■ What you will do
Look through the entries below and extract exactly the lines from the one containing "protected_not_executed job e" through the one containing "unfolding safety_decision authorize", ends included.

■ Provided data
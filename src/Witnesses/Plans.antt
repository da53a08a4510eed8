-- ===== src/Witnesses/Plans.antt =====
-- The theorems on plans, the Lab's own state and single files, at concrete inputs.
use teldrive_lab.Prelude.{
  true, false, ◌||◌, none, some, List, [], ◌∷◌, ◌≡◌, ◌↔◌, refl, any_by, is_some,
}
use teldrive_lab.Exec.{ok}
use teldrive_lab.Safety.Paths.{is_protected}
use teldrive_lab.Safety.Policy.{path_text, same_texts}
use teldrive_lab.Transfer.{TransferResult, content_at}
use teldrive_lab.TransferExecutor.{Manager}
use teldrive_lab.Files.{real_path}
use teldrive_lab.Organization.{
  FileClass, StorageClass, OrganizationAction, OrganizationItem, copy_item, noop, conflict, blocked,
  plan_action, apply, apply_success, copy_count, conflict_count,
}
use teldrive_lab.Organization.Laws.{plan_action_iff}
use teldrive_lab.Runtime.{RuntimePaths, ensure_runtime}
use teldrive_lab.Witnesses.Boundary.{host}
use teldrive_lab.Witnesses.Transfers.{disk, no_folder}

abbrev item : OrganizationAction → OrganizationItem
item action = record {
  source = "/srv/in";
  destination = "/srv/out";
  file_class = FileClass.project;
  storage_class = StorageClass.crypt;
  rule_id = "projects";
  action = action;
  reason = "";
}

abbrev good : List OrganizationItem
good = item noop ∷ item copy_item ∷ []

abbrev done : TransferResult
done = record {
  success = true;
  bytes_transferred = 2;
  source = "/srv/in";
  destination = "/srv/out";
  source_sha256 = some "1";
  destination_sha256 = some "1";
  verified = true;
  error = none;
}

abbrev willing : Manager
willing spec receipt d = (done, d)

abbrev results : List TransferResult
results = done ∷ []

applied : (apply host willing "id" good disk).0 ≡ ok results
unfolding apply teldrive_lab.Organization.apply_items teldrive_lab.Safety.Policy.for_paths
    teldrive_lab.Safety.is_mutating
applied = refl

plan_action_iff_example :
    ((plan_action host no_folder disk "/srv/in" "/vault/out").0 ≡ copy_item) ↔ (
      (same_texts (real_path host "/srv/in") (real_path host "/vault/out") ≡ false)
      × (is_some (content_at "/vault/out" disk) || no_folder "/vault/out" ≡ false)
      × (any_by (is_protected host) ("/srv/in" ∷ "/vault/out" ∷ []) ≡ false))
plan_action_iff_example = plan_action_iff host no_folder disk "/srv/in" "/vault/out"

abbrev paths : RuntimePaths
paths = record {
  root = "lab" ∷ [];
  state = "lab" ∷ "state" ∷ [];
  cache = "lab" ∷ "cache" ∷ [];
  logs = "lab" ∷ "logs" ∷ [];
  backups = "lab" ∷ "backups" ∷ [];
}

accepted : ensure_runtime host paths ≡ ok paths
unfolding ensure_runtime is_protected teldrive_lab.Safety.Paths.protected_roots
    teldrive_lab.Safety.Paths.is_within teldrive_lab.Safety.Paths.resolve_path
    teldrive_lab.Safety.Paths.resolve path_text teldrive_lab.Text.append teldrive_lab.Text.join
    teldrive_lab.Safety.Paths.protected_state
accepted = refl
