-- ===== src/Witnesses/Walks.antt =====
-- The theorems on walks and streams, at a directory with one file and one directory below it.
use teldrive_lab.Prelude.{
  ℕ, ◌+◌, ◌≤◌, text_le, String, Bool, true, false, Option, none, some, List, [], ◌∷◌, ◌++◌,
  if◌then◌else◌, ◌≡◌, refl, arith, All, length, pos, suc,
}
use teldrive_lab.Exec.{Result}
use teldrive_lab.Safety.Paths.{is_within}
use teldrive_lab.Safety.Policy.{same_texts}
use teldrive_lab.Sql.{order_by, insert_sorted}
use teldrive_lab.Resources.{Location, DirEntry, WalkError, iter_files, entries_of, classify}
use teldrive_lab.Resources.Preorder.{limited, preorder, directories, own_children}
use teldrive_lab.Resources.Bounds.{iter_files-preorder, iter_files_bounds}
use teldrive_lab.Resources.Streams.{
  Hash, stream_sha256, copy_stream, stream_sha256-copy_stream, append_assoc, append_nil,
}
use teldrive_lab.Transfer.{Content}

abbrev base : Location
base = "srv" ∷ []

abbrev entry : String → Location → Bool → DirEntry
entry name resolved is_dir = record {
  name = name;
  fails = false;
  is_symlink = false;
  resolved = resolved;
  is_dir = is_dir;
  is_file = true;
  occupied = true;
}

-- `srv` holds the file `a` and the directory `d`, which holds the file `x`.
abbrev listing : Location → Option (List DirEntry)
listing p =
    if same_texts p base
    then some (entry "d" ("srv" ∷ "d" ∷ []) true ∷ entry "a" ("srv" ∷ "a" ∷ []) false ∷ [])
    else some (entry "x" ("srv" ∷ "d" ∷ "x" ∷ []) false ∷ [])

two_directories : directories listing base 3 5 false 3 0 base ≡ 2
unfolding directories own_children entries_of classify is_within same_texts order_by insert_sorted
    text_le
two_directories = refl

enough : directories listing base 3 5 false 3 0 base ≤ 4
enough = omega (arith, two_directories)

iter_files-preorder_example :
    iter_files listing true true base (pos 3) (pos 5) false 4
    ≡ some (limited 5 0 (preorder listing base 3 5 false 3 0 base))
iter_files-preorder_example = iter_files-preorder listing base 3 5 false 4 enough

iter_files_bounds_example :
    (files : List Location) × (e : Option WalkError) × (iter_files listing true true base
        (pos 3)
        (pos 5)
        false
        4
      ≡ some (files, e))
    × (length files ≤ 5)
    × All (λ p. is_within base p ≡ true) files
iter_files_bounds_example = iter_files_bounds listing base 3 5 false 4 enough

-- What the walk yields there.
both_files :
    iter_files listing true true base (pos 3) (pos 5) false 4
    ≡ some (("srv" ∷ "a" ∷ []) ∷ ("srv" ∷ "d" ∷ "x" ∷ []) ∷ [], none)
unfolding iter_files teldrive_lab.Resources.walk teldrive_lab.Resources.scan
    teldrive_lab.Resources.entries_of same_texts teldrive_lab.Sql.order_by
    teldrive_lab.Prelude.text_le teldrive_lab.Resources.classify is_within
both_files = refl

abbrev hash : Hash Content
hash = record { start = []; update = λ s a. s ++ a; hexdigest = λ s. "digest" }

stream_sha256-copy_stream_example :
    (result : Result (String × ℕ)) × (stream_sha256 hash 4 (pos 2) (1 ∷ 2 ∷ 3 ∷ []) ≡ some result)
    × (copy_stream hash 4 (pos 1) (1 ∷ 2 ∷ 3 ∷ []) [] ≡ some (result, 1 ∷ 2 ∷ 3 ∷ []))
stream_sha256-copy_stream_example =
    stream_sha256-copy_stream hash append_assoc append_nil 4 1 0 (1 ∷ 2 ∷ 3 ∷ []) [] (omega arith)
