-- ===== src/Worker/Gate.antt =====
-- The safety gate of the worker: the executor runs for approved jobs only.
use teldrive_lab.Prelude.{true, false, Option, none, ◌≡◌, arith, inl, inr, any_by}
use teldrive_lab.Exec.{ok, Any-cases}
use teldrive_lab.Safety.{AuthorizationReceipt, is_mutating}
use teldrive_lab.Safety.Paths.{Host, is_protected}
use teldrive_lab.Safety.Policy.{authorize}
use teldrive_lab.Safety.Laws.{protected_mutation_denied}
use teldrive_lab.Jobs.{Job}
use teldrive_lab.JobLifecycle.{Stores}
use teldrive_lab.Worker.{
  Worker, Session, Executor, provided, safety_decision, operation_for, job_paths, audit, handle,
  refuse,
}

-- A worker like this one, with another executor.
abbrev pub with_executor : Executor → Worker → Worker
with_executor e w = record w { executor = e }

module _ (w : Worker) (session : Session) (h : Host) where
  -- Unless the safety boundary allows the claimed job, with whatever receipt the provider gives,
  -- the run ends in the same result and the same stores with every executor: none is called.
  pub denied_not_executed :
      (job : Job) (e : Executor) (s : Stores)
      → ((authorization : Option AuthorizationReceipt)
          → provided w job ≡ ok authorization
          → (safety_decision h job authorization).allowed ≡ false)
      → handle (with_executor e w) session h job s ≡ handle w session h job s
  unfolding handle audit refuse
  denied_not_executed job e s denied = elim (Any-cases (provided w job)) [
    | inl (a, given) ↦ ground (arith, given, denied a given)
    | inr (x, failed) ↦ ground (arith, failed)
  ]

  -- A claimed job whose operation mutates and that names a protected path never reaches the
  -- executor, whatever receipt the provider gives and whatever executor is installed.
  pub protected_not_executed :
      (job : Job) (e : Executor) (s : Stores)
      → is_mutating (operation_for job) ≡ true
      → any_by (is_protected h) (job_paths job) ≡ true
      → handle (with_executor e w) session h job s ≡ handle w session h job s
  unfolding safety_decision
  protected_not_executed job e s mutates touches =
      denied_not_executed job e s (λ authorization given.
        (protected_mutation_denied h (operation_for job) (job_paths job) false authorization mutates
          touches).0)

  -- Without a provider of receipts, a worker executes no job whose operation mutates.
  pub unauthorized_not_executed :
      (job : Job) (e : Executor) (s : Stores)
      → w.provider ≡ none
      → is_mutating (operation_for job) ≡ true
      → handle (with_executor e w) session h job s ≡ handle w session h job s
  unfolding safety_decision authorize
  unauthorized_not_executed job e s no_provider mutates =
      denied_not_executed job e s (λ authorization given. ground arith)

■ Answer area
  protected_not_executed job e s mutates touches =
      denied_not_executed job e s (λ authorization given.
        (protected_mutation_denied h (operation_for job) (job_paths job) false authorization mutates
          touches).0)

  -- Without a provider of receipts, a worker executes no job whose operation mutates.
  pub unauthorized_not_executed :
      (job : Job) (e : Executor) (s : Stores)
      → w.provider ≡ none
      → is_mutating (operation_for job) ≡ true
      → handle (with_executor e w) session h job s ≡ handle w session h job s
  unfolding safety_decision authorize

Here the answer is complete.